In den vergangenen Jahren ist bei Carl Klatt der Großhandel mit Bekleidungsware enorm angestiegen und macht inzwischen einen höheren Anteil am Geschäft aus als die eigene Produktion. „Die Waren sind in zwei, drei Tagen just in time lieferbar“, weiß der Geschäftsführer. Im firmeneigenen Webshop bildet sich die immense Vielfalt ab: Jacken für Herren zum Beispiel gibt es in 14 verschiedenen Größen von der Burschen- bis zur Übergröße, für den schlanken oder untersetzten Typ.

Momentane Bestseller laut Firmen-Homepage sind die Bundhose „Pulsschlag High“ mit modischen Kontrastelementen und Reißverschlusstaschen für Smartphones, die Damenweste „Lena“ in den Farben schwarz, Bordeaux und Navy für die Gastronomie sowie ein Schlupfkasack für den medizinischen Bereich, erhältlich in 14 Farben. 
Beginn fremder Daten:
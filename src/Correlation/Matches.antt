-- ===== src/Correlation/Matches.antt =====
-- What the three matchers report.
use interactsh_lite.Correlation.Finds.{HasWindow, scan_labels_finds}
use interactsh_lite.Correlation.Scan.{In, scan_labels_inv}
use interactsh_lite.Correlation.{
  Match, is_cid_base32, labels, visit, matches_contain, extract_full_id, set_full_id, add_match,
  match_correlation_id,
}
use interactsh_lite.Prelude.Text.{Unicode, to_lower}
use interactsh_lite.Prelude.{
  ℕ, Bool, true, false, ◌||◌, List, [], ◌∷◌, ◌++◌, Bytes, equal, length, ◌≡◌, refl, ◌∙◌, arith, ◌⊎◌,
  inl, inr, Bool-cases, equal_iff, equal_refl, All, All-append,
}

-- A reported ID is a registered correlation ID.
pub record IsReport (n : ℕ) (lookup : Bytes → Bool) (m : Match) : Type 0 where
  pub length-id : length m.unique_id ≡ n
  pub valid : is_cid_base32 m.unique_id ≡ true
  pub registered : lookup m.unique_id ≡ true

-- No ID is reported twice.
abbrev pub IsDistinct : List Match → Type 0
IsDistinct [] = Unit {0}
IsDistinct (m ∷ ms) = (matches_contain ms m.unique_id ≡ false) × IsDistinct ms

pub contain-append :
    (ms : List Match) (m : Match) (id : Bytes)
    → matches_contain (ms ++ (m ∷ [])) id ≡ (matches_contain ms id || equal m.unique_id id)
unfolding matches_contain
contain-append [] m id = ground arith
contain-append (x ∷ ms) m id = ground (arith, contain-append ms m id)

pub IsDistinct-append :
    (ms : List Match) (m : Match)
    → IsDistinct ms
    → matches_contain ms m.unique_id ≡ false
    → IsDistinct (ms ++ (m ∷ []))
unfolding matches_contain
IsDistinct-append [] m d h = (refl, tt)
IsDistinct-append (x ∷ ms) m d h = (
  ground (
    arith,
    d.0,
    contain-append ms m x.unique_id,
    equal_iff x.unique_id m.unique_id,
    equal_iff m.unique_id x.unique_id,
  ),
  IsDistinct-append ms m d.1 (ground arith),
)

abbrev pub Reported : ℕ → (Bytes → Bool) → List Match → Type 0
Reported n lookup ms = All (IsReport n lookup) ms × IsDistinct ms

add_match-Reported :
    (n : ℕ) (lookup : Bytes → Bool) (ms : List Match) (c label : Bytes)
    → length c ≡ n
    → is_cid_base32 c ≡ true
    → lookup c ≡ true
    → Reported n lookup ms
    → Reported n lookup (add_match ms c label).0
unfolding add_match
add_match-Reported n lookup ms c label l v r p = elim (Bool-cases (matches_contain ms c)) [
  | inl e ↦ rw e p
  | inr e ↦
      let m : Match = record { unique_id = c; full_id = [] } in
      rw e (
        All-append (IsReport n lookup) ms (m ∷ []) p.0
            (record { length-id = l; valid = v; registered = r }, tt),
        IsDistinct-append ms m p.1 e,
      )
]

add_match_on : (ms : List Match) (c label : Bytes) → (add_match ms c label).1 ≡ true
unfolding add_match
add_match_on ms c label = ground arith

add_match_keeps :
    (id : Bytes) (ms : List Match) (c label : Bytes)
    → matches_contain ms id ≡ true
    → matches_contain (add_match ms c label).0 id ≡ true
unfolding add_match
add_match_keeps id ms c label h =
    ground (arith, contain-append ms (record { unique_id = c; full_id = [] }) id)

add_match_has :
    (lookup : Bytes → Bool) (id : Bytes) (r : lookup id ≡ true) (ms : List Match) (label : Bytes)
    → matches_contain (visit (λ _ c. lookup c) add_match ms id label).0 id ≡ true
unfolding visit add_match
add_match_has lookup id r ms label =
    ground (arith, contain-append ms (record { unique_id = id; full_id = [] }) id, equal_refl id)

pub set_full_id-contain :
    (full id : Bytes) (ms : List Match)
    → matches_contain (set_full_id full ms) id ≡ matches_contain ms id
unfolding matches_contain
set_full_id-contain full id [] = refl
set_full_id-contain full id (m ∷ ms) = ground (arith, set_full_id-contain full id ms)

-- Each match is a report, carries this full ID, and is the only one of its ID.
abbrev pub Reports : ℕ → (Bytes → Bool) → Bytes → List Match → Type 0
Reports n lookup full ms = All (λ m. IsReport n lookup m × (m.full_id ≡ full)) ms × IsDistinct ms

pub set_full_id-Reports :
    (n : ℕ) (lookup : Bytes → Bool) (full : Bytes) (ms : List Match)
    → Reported n lookup ms
    → Reports n lookup full (set_full_id full ms)
set_full_id-Reports n lookup full [] p = (tt, tt)
set_full_id-Reports n lookup full (m ∷ ms) ((h, hs), (d, ds)) =
    let (rs, es) = set_full_id-Reports n lookup full ms (hs, ds) in
    (
      ((record { length-id = h.length-id; valid = h.valid; registered = h.registered }, refl), rs),
      (set_full_id-contain full m.unique_id ms ∙ d, es),
    )

-- `MatchCorrelationID` reports registered IDs of the given length over the base-32 alphabet only,
-- each once, all with the full ID of the lowered input.
pub match_correlation_id-Reports :
    (u : Unicode) (input : Bytes) (n : ℕ) (domains : List Bytes) (lookup : Bytes → Bool)
    → Reports n lookup
        (extract_full_id (to_lower u input) domains)
        (match_correlation_id u input n domains lookup)
unfolding match_correlation_id
match_correlation_id-Reports u input n domains lookup = set_full_id-Reports n lookup _ _ (
    scan_labels_inv (λ _ c. lookup c) add_match n (Reported n lookup) (add_match-Reported n lookup)
      (to_lower u input) [] (tt, tt))

-- It misses none: a registered ID is reported if some label of the lowered input is the ID, or
-- holds it with three alphanumeric bytes behind it.
pub match_correlation_id_complete :
    (u : Unicode) (input label id : Bytes) (n : ℕ) (domains : List Bytes) (lookup : Bytes → Bool)
    → lookup id ≡ true
    → In label (labels (to_lower u input))
    → HasWindow n label id ⊎ ((label ≡ id) × (length id ≡ n) × (is_cid_base32 id ≡ true))
    → matches_contain (match_correlation_id u input n domains lookup) id ≡ true
unfolding match_correlation_id
match_correlation_id_complete u input label id n domains lookup r i h =
    set_full_id-contain _ id _
    ∙ (scan_labels_finds (λ _ c. lookup c) add_match n (λ ms. matches_contain ms id ≡ true) id
        add_match_on (add_match_keeps id) (add_match_has lookup id r) (to_lower u input) label [] i
        h)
Auch Karl Clatt hat mit Lieferengpässen zu kämpfen

Derzeit hat das Achimer Traditionsunternehmen aber – wie viele andere Branchen – mit gestiegenen Preisen der Zulieferer und mit Lieferengpässen zu kämpfen. Wartezeiten bis März 2023 seien nicht selten, berichtet Jan Peter Klatt. „Momentan gibt es so gut wie keine Bestellung eines Kunden, die man einfach so auslösen kann. Man muss ständig nach Ersatzartikeln suchen und einen Plan B haben“, sagt er über Großhandelsware wie T-Shirts oder Zubehör. Trotzdem: „Das Geschäft läuft gut, der Umsatz stimmt, wenn auch am Ende nicht mehr ganz so viel übrig bleibt“, konstatiert Anka Sylvia Klatt.

Das Ehepaar führt in einen weiteren Raum, in dem drei Mitarbeiterinnen an einer großen Maschine mit tentakelartigen Metallschläuchen und mehreren Pressen arbeiten. Hier werden Kleidungsstücke und kleinere Accessoires wie Taschen mit Logos und Stickern bedruckt, entweder direkt auf die Kleidung oder auf „textiles Trägermaterial“, wie es in der Fachsprache heißt. 

„Vielen Unternehmen ist die Corporate Identity wichtig, der einheitliche Look der Mitarbeiter“, erklärt Anka Sylvia Klatt diese Art der Veredelung. Echte Handarbeit, die man bei Carl Klatt als Alleinstellungsmerkmal betrachtet.  

Experten aus den Handwerkskammern und aus der Modebranche sagen schon länger, dass moderne Arbeitskleidung immer mehr zum Marketinginstrument werde, die Botschaften wie Bodenständigkeit und Verlässlichkeit in einer aus den Fugen geratenen Welt ausstrahlen soll.